Detecting phylogenetic signal and adaptation in papionin cranial shape by decomposing variation at different spatial scales

Cite this dataset

Grunstra, Nicole; Le Maítre, Anne; Bartsch, Silvester; Mitteroecker, Philipp (2020). Detecting phylogenetic signal and adaptation in papionin cranial shape by decomposing variation at different spatial scales [Dataset]. Dryad. https://doi.org/10.5061/dryad.zkh189373

Abstract

Phylogenetic reconstruction based on morphometric data is hampered by homoplasies. For example, many similarities in cranial form between primate taxa more strongly reflect ecological similarities rather than phylogenetic relatedness. However, the way in which the different cranial bones constitute cranial form is, if at all, of less functional relevance and thus largely hidden from selection. We propose that these “constructional details” are better indicators of phylogenetic history than any large-scale shape feature or raw form variable. Within a geometric morphometric context, we show how to analyze the relative extent of bones independently of differences in overall shape. We also show how to decompose total shape variation into small-scale and large-scale shape variation. We apply both methods to the midsagittal cranial morphology of papionin monkeys, which are well known for the discrepancy between morphological similarities and phylogenetic relationships. We study phylogenetic signal and functional adaptation using a molecular phylogeny and contextual data on feeding ecology and locomotor behavior. As expected, total cranial shape, bone outline shape, and large-scale shape features were only weakly associated with phylogenetic distance. But the relative bone contributions and small-scale shape features were both highly correlated with phylogenetic distances. By contrast, the association with ecological and behavioral variables was strongest for the outline shape and large-scale shape features. Studies of morphological adaptation and phylogenetic history thus profit from a decomposition of shape variation into different spatial scales.

Methods

- Supplementary tables and figures for the main manuscript (Grunstra et al., Systematic Biology)
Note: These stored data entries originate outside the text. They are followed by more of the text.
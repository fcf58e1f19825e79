-- ===== src/Trigger/Handler/Served.antt =====
-- What the handler does before it asks the limiter.
use flokoa.Common.{
  ℕ, ◌≡◌, refl, ◌⊎◌, inl, inr, Bool, true, false, not, ◌||◌, Option, none, some, Text, codes,
  is_empty, ◌==◌, same_code, if◌then◌else◌,
}
use flokoa.Trigger.Config.{TriggerConfig}
use flokoa.Trigger.Limiter.{TriggerLimiter}
use flokoa.Trigger.Handler.{
  Request, Services, load_trigger_config, serve_http, serve_config, serve_body, ok, bad_request,
  method_not_allowed,
}

-- Either the request is turned away before the limiter is asked, or the limiter decides.
abbrev pub Served : Services → TriggerLimiter → ℕ → Request → ℕ × TriggerLimiter → Type 0
Served sv l now r x =
    ((same_code x.0 ok ≡ false) × (x.1 ≡ l))
    ⊎ ((c : TriggerConfig) × (load_trigger_config sv r.namespace r.name ≡ some c)
        × (x ≡ serve_config l now r (some c)))

pub serve_http-Served :
    (sv : Services) (l : TriggerLimiter) (now : ℕ) (r : Request)
    → Served sv l now r (serve_http sv l now r)
unfolding serve_http
serve_http-Served sv l now r = posted (r.method == codes "POST")
  where
    configured :
        (o : Option TriggerConfig)
        → load_trigger_config sv r.namespace r.name ≡ o
        → Served sv l now r (serve_config l now r o)
    configured none e = inl (refl, refl)
    configured (some c) e = inr (c, e, refl)

    parsed :
        (b : Bool)
        → Served sv l now r (
            if not b
            then (bad_request, l)
            else serve_config l now r (load_trigger_config sv r.namespace r.name))
    parsed false = inl (refl, refl)
    parsed true = configured (load_trigger_config sv r.namespace r.name) refl

    read : (body : Option Text) → Served sv l now r (serve_body sv l now r body)
    read none = inl (refl, refl)
    read (some text) = parsed (sv.is_payload text)

    named :
        (b : Bool)
        → Served sv l now r (if b then (bad_request, l) else serve_body sv l now r r.body)
    named true = inl (refl, refl)
    named false = read r.body

    posted :
        (b : Bool)
        → Served sv l now r (
            if not b
            then (method_not_allowed, l)
            else if is_empty r.namespace || is_empty r.name
            then (bad_request, l)
            else serve_body sv l now r r.body)
    posted false = inl (refl, refl)
    posted true = named (is_empty r.namespace || is_empty r.name)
- 2D coordinates of 70 midsagittal landmarks, collected for 61 specimens from 16 different papionin species as well as 6 specimens from two non-papionin Old World monkey taxa, Cercopithecus mitis and Colobus guereza. Each line in the text file contains the coordinates of one specimen, ordered as (x1, y1, x2, y2, x3, y3, ...). These data were collected by N. Grunstra and S. Bartsch.

- Species labels for the 67 specimens

- R package "prWarps" (written by Anne Le Maítre) with functions to decompose total shape variation into outline and resudial variation and into small-scale and large-scale variation (see main manuscript).

- Worked example using the R package and the landmark data (written by Anne Le Maítre) .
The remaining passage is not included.